*Stored data*
Content starts

-- ===== src/Feedback/Blocks.antt =====
-- The overlays of frontend/static/app/common/services/block.service.js, and what the interceptors ask of
-- them. The plugin that draws an overlay is third-party; heights are those of the page.
pub mod Named
pub mod Targets
use chat_bot_hub.Prelude.{
  ℕ, String, str_eq, Bool, true, false, ◌||◌, Option, none, some, leb, ◌==◌, if◌then◌else◌,
}
use chat_bot_hub.Http.{
  Effect, toast_error, complete_bar, block_ui, unblock_ui, remove_token, redirect_later,
  rearm_later,
}

-- The options of `blockUI`.
pub record Options : Type 0 where
  pub target : Option String
  pub boxed : Bool
  pub message : Option String
  pub z_index : Option ℕ
  pub overlay_color : Option String
  pub cenrer_y : Bool

-- What the plugin is given, as far as it differs between calls; `message` is none for the spinner,
-- which looks otherwise if it is boxed, and `color` none for the usual one.
pub record Overlay : Type 0 where
  pub target : String
  pub message : Option String
  pub boxed : Bool
  pub base_z : ℕ
  pub color : Option String
  pub center_y : Bool

pub data Outcome : Type 0 where
  blocks : Overlay → Outcome
  unblocks_at : String → Outcome
  unblocks_page : Outcome
  reference_error : Outcome
  type_error : Outcome

abbrev pub named : Option String → Option String
named none = none
named (some s) = if str_eq s "" then none else some s

-- `options.zIndex ? options.zIndex : 10000`.
unfoldable pub base_of : Option ℕ → ℕ
base_of none = 10000
base_of (some z) = if z == 0 then 10000 else z

-- The branches of `blockUI` on the target. Without one it reads `toptionsboxed`, a name that nothing
-- declares.
unfoldable pub block_at : (String → ℕ) → ℕ → Options → Option String → Outcome
block_at height window o none = reference_error
block_at height window o (some target) = blocks (record {
  target = target;
  message = named o.message;
  boxed = o.boxed;
  base_z = base_of o.z_index;
  color = named o.overlay_color;
  center_y = o.cenrer_y || leb (height target) window;
})

-- `blockUI`.
unfoldable pub block : (String → ℕ) → ℕ → Options → Outcome
block height window o = block_at height window o (named o.target)

unfoldable pub unblock_at : Option String → Outcome
unblock_at none = unblocks_page
unblock_at (some target) = unblocks_at target

-- `unblockUI`.
unfoldable pub unblock : Option String → Outcome
unblock target = unblock_at (named target)

-- `quickBlock`; a key that `targetList` has not is a TypeError.
unfoldable pub quick_block : (String → ℕ) → ℕ → String → Options → Outcome
quick_block height window key o =
    if str_eq key "window" || str_eq key "container"
    then block height window (record o { target = some key })
    else type_error

-- What an effect of the interceptors asks of the service.
unfoldable pub serve : (String → ℕ) → ℕ → Effect → Option Outcome
serve height window (block_ui id) = some (
    block height window (record {
      target = some id;
      boxed = false;
      message = none;
      z_index = none;
      overlay_color = none;
      cenrer_y = false;
    }))
serve height window (unblock_ui id) = some (unblock (some id))
serve height window _ = none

Content ends

*PROBLEM TO WORK ON*
In the entries above, find every line holding the word "unfoldable" and copy it out.

*ANSWER TO THE PROBLEM*
unfoldable pub base_of : Option ℕ → ℕ
unfoldable pub block_at : (String → ℕ) → ℕ → Options → Option String → Outcome
unfoldable pub block : (String → ℕ) → ℕ → Options → Outcome
unfoldable pub unblock_at : Option String → Outcome
unfoldable pub unblock : Option String → Outcome
unfoldable pub quick_block : (String → ℕ) → ℕ → String → Options → Outcome
unfoldable pub serve : (String → ℕ) → ℕ → Effect → Option Outcome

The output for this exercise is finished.